Блок «Двенадцати» дал норму, звук и строй русскому поэтическому экспрессионизму, поэтике уличной многоголосицы, припевок, команд и выкриков, поэтике монтажа и, как сказали бы сейчас, поп-арта. Устрояющей силой своего дара ввел ее в область «большого стиля». Бросающее в дрожь хлебниковское «Мы писатели ножом» (поэма «Настоящее») родилось уже после «ножичка» из «Двенадцати». И недаром фигура Блока возникает в поэме Маяковского «Хорошо!» своего рода персонифицированным эпиграфом или тайным посвящением.
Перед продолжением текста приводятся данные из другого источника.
-- ===== src/Transport/Router/Lost.antt =====
-- The batch that never settles.
use cuttle_db.Prelude.{
  ℕ, zero, suc, ◌+◌, ◌<◌, false, List, [], ◌∷◌, map, append-nil, ◌≡◌, ◌≢◌, refl, sym, ap, subst,
  ◌∙◌, arith, Bool-cases, inl, inr, All, All-append, Text,
}
use cuttle_db.Transport.Router.{Outcome, Log, Router, is_event, is_settled, request_batch}
use cuttle_db.Transport.Router.Pending.{
  Models, Others, Others-above, made-suc, bound-suc, Collects-update,
}
use cuttle_db.Transport.Router.Queue.{
  Request, one, many, Queue, receive, Action, ask, ask_batch, ask_refused, arrive, break, fails,
  act, act_all, perform_all,
}
use cuttle_db.Transport.Router.Refines.{perform_all-Agrees}

-- A promise that no request waits for, and that is not new, stays as it is.
record Lost (p : ℕ) (q : Queue) : Type 0 where
  others : Others p q.pending
  old : p < q.next

receive-Lost :
    (p : ℕ) (qs : List Request) (l : Text)
    → Others p qs
    → Others p (receive qs l).0 × All (λ (e : ℕ × Outcome). e.0 ≢ p) (receive qs l).1
receive-Lost p [] l h = (tt, tt)
receive-Lost p (one k ∷ qs) l h = (h.1, (h.0, tt))
receive-Lost p (many k got zero ∷ qs) l h = (h.1, (h.0, tt))
receive-Lost p (many k got (suc n) ∷ qs) l h = (h, tt)

fails-Lost :
    (p : ℕ) (qs : List Request) (e : Text)
    → Others p qs
    → All (λ (x : ℕ × Outcome). x.0 ≢ p) (map (fails e) qs)
fails-Lost p [] e h = tt
fails-Lost p (q ∷ qs) e h = (h.0, fails-Lost p qs e h.1)

act-Lost :
    (a : Action) (p : ℕ) (q : Queue)
    → Lost p q
    → Lost p (act a q).0 × All (λ (e : ℕ × Outcome). e.0 ≢ p) (act a q).1
act-Lost ask p q h = (
  record {
    others = All-append _ q.pending (one q.next ∷ []) h.others ((λ e. omega (arith, e, h.old)), tt);
    old = omega (arith, h.old);
  },
  tt,
)
act-Lost (ask_batch k) p q h = (
  record {
    others =
        All-append _ q.pending (many q.next [] k ∷ []) h.others
          ((λ e. omega (arith, e, h.old)), tt);
    old = omega (arith, h.old);
  },
  tt,
)
act-Lost (ask_refused e) p q h =
    (record { others = h.others; old = omega (arith, h.old) }, ((λ e. omega (arith, e, h.old)), tt))
act-Lost (arrive l) p q h = elim (Bool-cases (is_event l)) [
  | inl event ↦ rw event (h, tt)
  | inr reply ↦ rw reply (
      let (kept, none_settled) = receive-Lost p q.pending l h.others in
      (record { others = kept; old = h.old }, none_settled))
]
act-Lost (break e) p q h = (record { others = tt; old = h.old }, fails-Lost p q.pending e h.others)

act_all-Lost :
    (actions : List Action) (p : ℕ) (q : Queue)
    → Lost p q
    → All (λ (e : ℕ × Outcome). e.0 ≢ p) (act_all actions q).1
unfolding act_all
act_all-Lost [] p q h = tt
act_all-Lost (a ∷ more) p q h =
    let (h', now) = act-Lost a p q h in
    All-append _ (act a q).1 _ now (act_all-Lost more p (act a q).0 h')

is_settled_none :
    (p : ℕ) (log : Log) → All (λ (e : ℕ × Outcome). e.0 ≢ p) log → is_settled p log ≡ false
unfolding is_settled
is_settled_none p [] h = refl
is_settled_none p ((k, o) ∷ log) h = ground (arith, is_settled_none p log h.1)

below-ne :
    (n : ℕ) (log : Log)
    → All (λ (e : ℕ × Outcome). e.0 < n) log
    → All (λ (e : ℕ × Outcome). e.0 ≢ n) log
below-ne n [] h = tt
below-ne n (x ∷ log) h = ((λ e. omega (arith, e, h.0)), below-ne n log h.1)

-- No waiter stands for the promise of an empty batch.
empty_batch-Models :
    (r : Router) (q : Queue)
    → Models r q
    → Models (request_batch 0 r).1 (record q { next = q.next + 1 })
unfolding request_batch
empty_batch-Models r q m = record {
  waits = append-nil r.waiters ∙ m.waits;
  numbered = cc (m.numbered);
  collects =
      Collects-update r.collected r.created [] q.pending
        (subst (λ p. Others p q.pending) (sym m.numbered) (Others-above q.next q.pending m.made))
        m.collects;
  fresh = m.fresh;
  made = made-suc q.next q.pending m.made;
  bound = bound-suc q.next r.settled m.bound;
}

-- The promise of a batch with no command is never settled, whatever happens on the connection
-- afterwards, a failure included.
pub empty_batch_hangs :
    (actions : List Action) (r : Router) (q : Queue)
    → Models r q
    → is_settled r.created (perform_all actions (request_batch 0 r).1).settled ≡ false
empty_batch_hangs actions r q m =
    let later = record q { next = q.next + 1 } in
    let run = perform_all-Agrees actions (request_batch 0 r).1 later (empty_batch-Models r q m) in
    let lost : Lost q.next later = record {
      others = Others-above q.next q.pending m.made;
      old = omega arith;
    } in
    ap (λ (p : ℕ). is_settled p (perform_all actions (request_batch 0 r).1).settled) m.numbered
    ∙ ap (is_settled q.next) run.1
    ∙ is_settled_none q.next _ (
        unfold request_batch in
        All-append _ r.settled _ (below-ne q.next r.settled m.bound)
          (act_all-Lost actions q.next later lost))
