-- ===== src/Transport/Tcp/Closed.antt =====
-- A command that is sent when the socket has closed.
use cuttle_db.Prelude.{
  ℕ, true, false, List, [], ◌∷◌, ◌++◌, ◌≡◌, refl, sym, subst, length, Bool-cases, inl, inr, ◌⊎◌,
  Text, text,
}
use cuttle_db.Transport.Router.{Router, is_settled, add_listener, remove_listener, member}
use cuttle_db.Transport.Router.Pending.{Models, Fresh}
use cuttle_db.Transport.Router.Queue.{
  Request, one, promise_of, Queue, ask, ask_batch, ask_refused, break, act, perform,
}
use cuttle_db.Transport.Router.Refines.{perform-Agrees}
use cuttle_db.Transport.Tcp.Pipeline.{send_lem}
use cuttle_db.Transport.Tcp.{Tcp, write, on_failure, send, send_batch, on_event, off_event, close}

-- What the client may still do: no line and no failure comes from a socket that has closed.
pub data Use : Type 0 where
  sends : Text → Use
  batches : Text → List Text → Use
  registers : ℕ → Use
  removes : ℕ → Use
  closes : Use

abbrev pub use_socket : Use → Tcp → Tcp
use_socket (sends cmd) t = (send cmd t).1
use_socket (batches cmd cmds) t = (send_batch (cmd ∷ cmds) t).1
use_socket (registers cb) t = on_event cb t
use_socket (removes cb) t = off_event cb t
use_socket closes t = close t

unfoldable pub use_all : List Use → Tcp → Tcp
use_all [] t = t
use_all (u ∷ us) t = use_all us (use_socket u t)

abbrev Waits : ℕ → List Request → Type 0
Waits p [] = ⊥
Waits p (q ∷ qs) = (promise_of q ≡ p) ⊎ Waits p qs

Waits-front : (p : ℕ) (qs rs : List Request) → Waits p qs → Waits p (qs ++ rs)
Waits-front p [] rs h = absurd h
Waits-front p (q ∷ qs) rs (inl e) = inl e
Waits-front p (q ∷ qs) rs (inr h) = inr (Waits-front p qs rs h)

Waits-last : (p : ℕ) (qs : List Request) → Waits p (qs ++ one p ∷ [])
Waits-last p [] = inl refl
Waits-last p (q ∷ qs) = inr (Waits-last p qs)

Waits-open :
    (p : ℕ) (qs : List Request) (r : Router)
    → Fresh qs r.settled
    → Waits p qs
    → is_settled p r.settled ≡ false
Waits-open p [] r f h = absurd h
Waits-open p (q ∷ qs) r f (inl e) = subst (λ (n : ℕ). is_settled n r.settled ≡ false) e f.0
Waits-open p (q ∷ qs) r f (inr h) = Waits-open p qs r f.2 h

-- `p` is among the promises that wait.
record Stuck (p : ℕ) (r : Router) : Type 0 where
  queue : Queue
  models : Models r queue
  waits : Waits p queue.pending

ask-Stuck : (p : ℕ) (r : Router) → Stuck p r → Stuck p (perform ask r)
ask-Stuck p r k = record {
  queue = (act ask k.queue).0;
  models = (perform-Agrees ask r k.queue k.models).0;
  waits = Waits-front p k.queue.pending _ k.waits;
}

ask_batch-Stuck : (n p : ℕ) (r : Router) → Stuck p r → Stuck p (perform (ask_batch n) r)
ask_batch-Stuck n p r k = record {
  queue = (act (ask_batch n) k.queue).0;
  models = (perform-Agrees (ask_batch n) r k.queue k.models).0;
  waits = Waits-front p k.queue.pending _ k.waits;
}

ask_refused-Stuck :
    (e : Text) (p : ℕ) (r : Router) → Stuck p r → Stuck p (perform (ask_refused e) r)
ask_refused-Stuck e p r k = record {
  queue = (act (ask_refused e) k.queue).0;
  models = (perform-Agrees (ask_refused e) r k.queue k.models).0;
  waits = k.waits;
}

listen-Stuck :
    (p : ℕ) (r : Router) (cbs : List ℕ) → Stuck p r → Stuck p (record r { listeners = cbs })
listen-Stuck p r cbs k = record {
  queue = k.queue;
  models = record {
    waits = k.models.waits;
    numbered = k.models.numbered;
    collects = k.models.collects;
    fresh = k.models.fresh;
    made = k.models.made;
    bound = k.models.bound;
  };
  waits = k.waits;
}

use-Stuck : (u : Use) (p : ℕ) (t : Tcp) → Stuck p t.router → Stuck p (use_socket u t).router
unfolding send send_batch on_event off_event close perform add_listener remove_listener
use-Stuck (sends cmd) p t k = elim (Bool-cases t.connected) [
  | inl c ↦ rw c (ask-Stuck p t.router k)
  | inr c ↦ rw c (ask_refused-Stuck (text "not connected") p t.router k)
]
use-Stuck (batches cmd cmds) p t k = elim (Bool-cases t.connected) [
  | inl c ↦ rw c (ask_batch-Stuck (length cmds) p t.router k)
  | inr c ↦ rw c (ask_refused-Stuck (text "not connected") p t.router k)
]
use-Stuck (registers cb) p t k = elim (Bool-cases (member cb t.router.listeners)) [
  | inl c ↦ rw c k
  | inr c ↦ rw c (listen-Stuck p t.router _ k)
]
use-Stuck (removes cb) p t k = listen-Stuck p t.router _ k
use-Stuck closes p t k = elim (Bool-cases t.connected) [ inl c ↦ rw c k | inr c ↦ rw c k ]

use_all-Stuck : (us : List Use) (p : ℕ) (t : Tcp) → Stuck p t.router → Stuck p (use_all us t).router
unfolding use_all
use_all-Stuck [] p t k = k
use_all-Stuck (u ∷ us) p t k = use_all-Stuck us p (use_socket u t) (use-Stuck u p t k)

use_all-waits :
    (us : List Use) (p : ℕ) (t : Tcp)
    → Stuck p t.router
    → is_settled p (use_all us t).router.settled ≡ false
use_all-waits us p t k =
    let end = use_all-Stuck us p t k in
    Waits-open p end.queue.pending (use_all us t).router end.models.fresh end.waits

-- The handlers for `error` and `close` leave the socket in its place. So a command that is sent on a
-- connection behind them is not refused: it is written to the socket that has closed, and whatever
-- the client does afterwards, single commands, batches of at least one and `close` included, its
-- promise is never settled, since no line and no failure comes any more.
pub send-on_failure :
    (e cmd : Text) (us : List Use) (t : Tcp) (q : Queue)
    → Models t.router q
    → t.connected ≡ true
    → let (p, t') = send cmd (on_failure e t) in
      (t'.calls ≡ t.calls ++ write (cmd ++ b'\n' ∷ []) ∷ [])
      × (is_settled p (use_all us t').router.settled ≡ false)
unfolding send on_failure perform
send-on_failure e cmd us t q m c =
    let r = perform (break e) t.router in
    let m' = (perform-Agrees (break e) t.router q m).0 in
    let stuck : Stuck r.created (perform ask r) =
      subst (λ (n : ℕ). Stuck n (perform ask r)) (sym m'.numbered)
        (record {
          queue = (act ask (act (break e) q).0).0;
          models = (perform-Agrees ask r (act (break e) q).0 m').0;
          waits = inl refl;
        }) in
    rw (send_lem cmd (on_failure e t) c) (refl, use_all-waits us r.created _ stuck)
Блок нашел и передал русской поэзии XX века средства оформления словом новой мировой динамики и открыл для нашей поэтической эпохи дорогу классической общезначимости. Русское стиховое слово звали на свой путь Вяч. Иванов с его теоретизирующим талантом, В. Хлебников с его гениальным филологическим безумием; звали на путь священноглаголания, таинственного корнесловия, словесной магии, звали отделиться и стать «языком богов» – или богемы. Но русская поэзия не покинула путь Блока – в целом пошла за светочем классического (в широком смысле) искусства.